### Problem to solve
What the task requires is each entry, restated exactly.

*** Begin section ***

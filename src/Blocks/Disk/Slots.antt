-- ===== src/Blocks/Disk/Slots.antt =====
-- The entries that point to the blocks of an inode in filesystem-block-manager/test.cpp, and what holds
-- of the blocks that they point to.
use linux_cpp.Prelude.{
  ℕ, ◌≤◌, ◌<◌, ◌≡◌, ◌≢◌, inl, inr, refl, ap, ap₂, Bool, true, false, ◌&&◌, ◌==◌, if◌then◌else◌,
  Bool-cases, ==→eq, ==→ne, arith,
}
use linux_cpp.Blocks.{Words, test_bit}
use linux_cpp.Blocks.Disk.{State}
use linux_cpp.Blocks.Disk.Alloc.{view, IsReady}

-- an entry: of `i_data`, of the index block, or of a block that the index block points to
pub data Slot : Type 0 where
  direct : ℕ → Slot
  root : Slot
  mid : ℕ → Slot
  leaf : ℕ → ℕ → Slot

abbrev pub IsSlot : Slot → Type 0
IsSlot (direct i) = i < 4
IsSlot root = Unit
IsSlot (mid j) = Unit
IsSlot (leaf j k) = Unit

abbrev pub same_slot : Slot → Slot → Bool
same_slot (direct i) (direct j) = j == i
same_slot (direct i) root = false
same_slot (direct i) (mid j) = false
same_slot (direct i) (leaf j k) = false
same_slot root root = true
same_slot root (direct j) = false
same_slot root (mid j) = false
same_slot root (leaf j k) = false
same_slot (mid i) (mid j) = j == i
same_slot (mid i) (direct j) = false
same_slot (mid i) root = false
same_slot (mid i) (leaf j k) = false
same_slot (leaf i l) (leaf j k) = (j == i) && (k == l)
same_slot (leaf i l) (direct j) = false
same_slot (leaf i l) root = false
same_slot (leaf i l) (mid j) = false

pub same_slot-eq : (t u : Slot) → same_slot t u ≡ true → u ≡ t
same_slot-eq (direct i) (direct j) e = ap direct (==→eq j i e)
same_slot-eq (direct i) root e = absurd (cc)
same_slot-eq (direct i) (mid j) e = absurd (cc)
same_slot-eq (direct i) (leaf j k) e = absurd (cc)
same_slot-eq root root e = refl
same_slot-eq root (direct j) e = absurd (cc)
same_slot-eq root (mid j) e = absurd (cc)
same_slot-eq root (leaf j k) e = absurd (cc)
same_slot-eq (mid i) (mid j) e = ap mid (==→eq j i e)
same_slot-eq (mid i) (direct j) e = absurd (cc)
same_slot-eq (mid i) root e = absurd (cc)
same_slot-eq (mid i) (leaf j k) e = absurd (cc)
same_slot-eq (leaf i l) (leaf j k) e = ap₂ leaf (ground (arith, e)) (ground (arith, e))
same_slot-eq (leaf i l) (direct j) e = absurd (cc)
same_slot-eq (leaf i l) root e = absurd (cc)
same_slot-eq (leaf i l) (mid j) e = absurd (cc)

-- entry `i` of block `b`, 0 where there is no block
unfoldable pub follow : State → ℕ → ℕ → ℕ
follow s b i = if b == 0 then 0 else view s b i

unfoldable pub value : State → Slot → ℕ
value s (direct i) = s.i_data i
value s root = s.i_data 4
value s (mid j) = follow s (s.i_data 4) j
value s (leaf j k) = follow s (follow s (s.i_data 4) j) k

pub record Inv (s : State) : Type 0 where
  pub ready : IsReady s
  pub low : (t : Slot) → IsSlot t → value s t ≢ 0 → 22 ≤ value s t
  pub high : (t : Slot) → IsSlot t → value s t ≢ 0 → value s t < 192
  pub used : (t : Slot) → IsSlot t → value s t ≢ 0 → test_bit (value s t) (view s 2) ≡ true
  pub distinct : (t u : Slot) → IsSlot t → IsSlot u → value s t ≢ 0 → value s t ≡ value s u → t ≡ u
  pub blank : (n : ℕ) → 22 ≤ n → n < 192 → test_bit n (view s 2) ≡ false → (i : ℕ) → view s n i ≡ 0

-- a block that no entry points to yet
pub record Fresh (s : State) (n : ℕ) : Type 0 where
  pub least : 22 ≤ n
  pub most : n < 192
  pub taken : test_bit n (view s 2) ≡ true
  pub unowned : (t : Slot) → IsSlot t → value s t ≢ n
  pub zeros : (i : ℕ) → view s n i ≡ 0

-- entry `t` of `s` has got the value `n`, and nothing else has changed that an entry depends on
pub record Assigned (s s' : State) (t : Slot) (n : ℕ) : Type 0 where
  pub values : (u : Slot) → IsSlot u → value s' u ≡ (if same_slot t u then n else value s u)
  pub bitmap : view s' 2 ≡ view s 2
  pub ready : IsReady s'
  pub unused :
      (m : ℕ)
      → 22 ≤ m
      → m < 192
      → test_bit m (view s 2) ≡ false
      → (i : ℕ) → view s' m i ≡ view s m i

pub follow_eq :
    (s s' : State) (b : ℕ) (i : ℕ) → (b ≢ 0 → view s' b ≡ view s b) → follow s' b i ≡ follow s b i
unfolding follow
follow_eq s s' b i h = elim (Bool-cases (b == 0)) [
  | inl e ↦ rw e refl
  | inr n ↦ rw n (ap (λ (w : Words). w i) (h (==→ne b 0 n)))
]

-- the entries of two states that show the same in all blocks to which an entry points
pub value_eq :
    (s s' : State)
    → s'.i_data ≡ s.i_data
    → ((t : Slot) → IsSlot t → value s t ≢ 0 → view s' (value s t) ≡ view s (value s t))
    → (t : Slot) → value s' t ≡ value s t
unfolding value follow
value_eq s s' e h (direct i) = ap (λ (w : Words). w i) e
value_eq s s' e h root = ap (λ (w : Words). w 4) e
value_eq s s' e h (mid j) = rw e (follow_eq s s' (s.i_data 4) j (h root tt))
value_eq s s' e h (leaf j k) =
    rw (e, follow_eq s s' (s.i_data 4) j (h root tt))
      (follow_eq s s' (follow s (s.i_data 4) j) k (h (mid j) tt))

*** End section ***

### Task response
filename src/Blocks/Disk/Slots.antt
-- ===== src/Blocks/Disk/Slots.antt =====
-- The entries that point to the blocks of an inode in filesystem-block-manager/test.cpp, and what holds
-- of the blocks that they point to.
use linux_cpp.Prelude.{
  ℕ, ◌≤◌, ◌<◌, ◌≡◌, ◌≢◌, inl, inr, refl, ap, ap₂, Bool, true, false, ◌&&◌, ◌==◌, if◌then◌else◌,
  Bool-cases, ==→eq, ==→ne, arith,
}
use linux_cpp.Blocks.{Words, test_bit}
use linux_cpp.Blocks.Disk.{State}
use linux_cpp.Blocks.Disk.Alloc.{view, IsReady}

-- an entry: of `i_data`, of the index block, or of a block that the index block points to
pub data Slot : Type 0 where
  direct : ℕ → Slot
  root : Slot
  mid : ℕ → Slot
  leaf : ℕ → ℕ → Slot

abbrev pub IsSlot : Slot → Type 0
IsSlot (direct i) = i < 4
IsSlot root = Unit
IsSlot (mid j) = Unit
IsSlot (leaf j k) = Unit

abbrev pub same_slot : Slot → Slot → Bool
same_slot (direct i) (direct j) = j == i
same_slot (direct i) root = false
same_slot (direct i) (mid j) = false
same_slot (direct i) (leaf j k) = false
same_slot root root = true
same_slot root (direct j) = false
same_slot root (mid j) = false
same_slot root (leaf j k) = false
same_slot (mid i) (mid j) = j == i
same_slot (mid i) (direct j) = false
same_slot (mid i) root = false
same_slot (mid i) (leaf j k) = false
same_slot (leaf i l) (leaf j k) = (j == i) && (k == l)
same_slot (leaf i l) (direct j) = false
same_slot (leaf i l) root = false
same_slot (leaf i l) (mid j) = false

pub same_slot-eq : (t u : Slot) → same_slot t u ≡ true → u ≡ t
same_slot-eq (direct i) (direct j) e = ap direct (==→eq j i e)
same_slot-eq (direct i) root e = absurd (cc)
same_slot-eq (direct i) (mid j) e = absurd (cc)
same_slot-eq (direct i) (leaf j k) e = absurd (cc)
same_slot-eq root root e = refl
same_slot-eq root (direct j) e = absurd (cc)
same_slot-eq root (mid j) e = absurd (cc)
same_slot-eq root (leaf j k) e = absurd (cc)
same_slot-eq (mid i) (mid j) e = ap mid (==→eq j i e)
same_slot-eq (mid i) (direct j) e = absurd (cc)
same_slot-eq (mid i) root e = absurd (cc)
same_slot-eq (mid i) (leaf j k) e = absurd (cc)
same_slot-eq (leaf i l) (leaf j k) e = ap₂ leaf (ground (arith, e)) (ground (arith, e))
same_slot-eq (leaf i l) (direct j) e = absurd (cc)
same_slot-eq (leaf i l) root e = absurd (cc)
same_slot-eq (leaf i l) (mid j) e = absurd (cc)

-- entry `i` of block `b`, 0 where there is no block
unfoldable pub follow : State → ℕ → ℕ → ℕ
follow s b i = if b == 0 then 0 else view s b i

unfoldable pub value : State → Slot → ℕ
value s (direct i) = s.i_data i
value s root = s.i_data 4
value s (mid j) = follow s (s.i_data 4) j
value s (leaf j k) = follow s (follow s (s.i_data 4) j) k

pub record Inv (s : State) : Type 0 where
  pub ready : IsReady s
  pub low : (t : Slot) → IsSlot t → value s t ≢ 0 → 22 ≤ value s t
  pub high : (t : Slot) → IsSlot t → value s t ≢ 0 → value s t < 192
  pub used : (t : Slot) → IsSlot t → value s t ≢ 0 → test_bit (value s t) (view s 2) ≡ true
  pub distinct : (t u : Slot) → IsSlot t → IsSlot u → value s t ≢ 0 → value s t ≡ value s u → t ≡ u
  pub blank : (n : ℕ) → 22 ≤ n → n < 192 → test_bit n (view s 2) ≡ false → (i : ℕ) → view s n i ≡ 0

-- a block that no entry points to yet
pub record Fresh (s : State) (n : ℕ) : Type 0 where
  pub least : 22 ≤ n
  pub most : n < 192
  pub taken : test_bit n (view s 2) ≡ true
  pub unowned : (t : Slot) → IsSlot t → value s t ≢ n
  pub zeros : (i : ℕ) → view s n i ≡ 0

-- entry `t` of `s` has got the value `n`, and nothing else has changed that an entry depends on
pub record Assigned (s s' : State) (t : Slot) (n : ℕ) : Type 0 where
  pub values : (u : Slot) → IsSlot u → value s' u ≡ (if same_slot t u then n else value s u)
  pub bitmap : view s' 2 ≡ view s 2
  pub ready : IsReady s'
  pub unused :
      (m : ℕ)
      → 22 ≤ m
      → m < 192
      → test_bit m (view s 2) ≡ false
      → (i : ℕ) → view s' m i ≡ view s m i

pub follow_eq :
    (s s' : State) (b : ℕ) (i : ℕ) → (b ≢ 0 → view s' b ≡ view s b) → follow s' b i ≡ follow s b i
unfolding follow
follow_eq s s' b i h = elim (Bool-cases (b == 0)) [
  | inl e ↦ rw e refl
  | inr n ↦ rw n (ap (λ (w : Words). w i) (h (==→ne b 0 n)))
]

-- the entries of two states that show the same in all blocks to which an entry points
pub value_eq :
    (s s' : State)
    → s'.i_data ≡ s.i_data
    → ((t : Slot) → IsSlot t → value s t ≢ 0 → view s' (value s t) ≡ view s (value s t))
    → (t : Slot) → value s' t ≡ value s t
unfolding value follow
value_eq s s' e h (direct i) = ap (λ (w : Words). w i) e
value_eq s s' e h root = ap (λ (w : Words). w 4) e
value_eq s s' e h (mid j) = rw e (follow_eq s s' (s.i_data 4) j (h root tt))
value_eq s s' e h (leaf j k) =
    rw (e, follow_eq s s' (s.i_data 4) j (h root tt))
      (follow_eq s s' (follow s (s.i_data 4) j) k (h (mid j) tt))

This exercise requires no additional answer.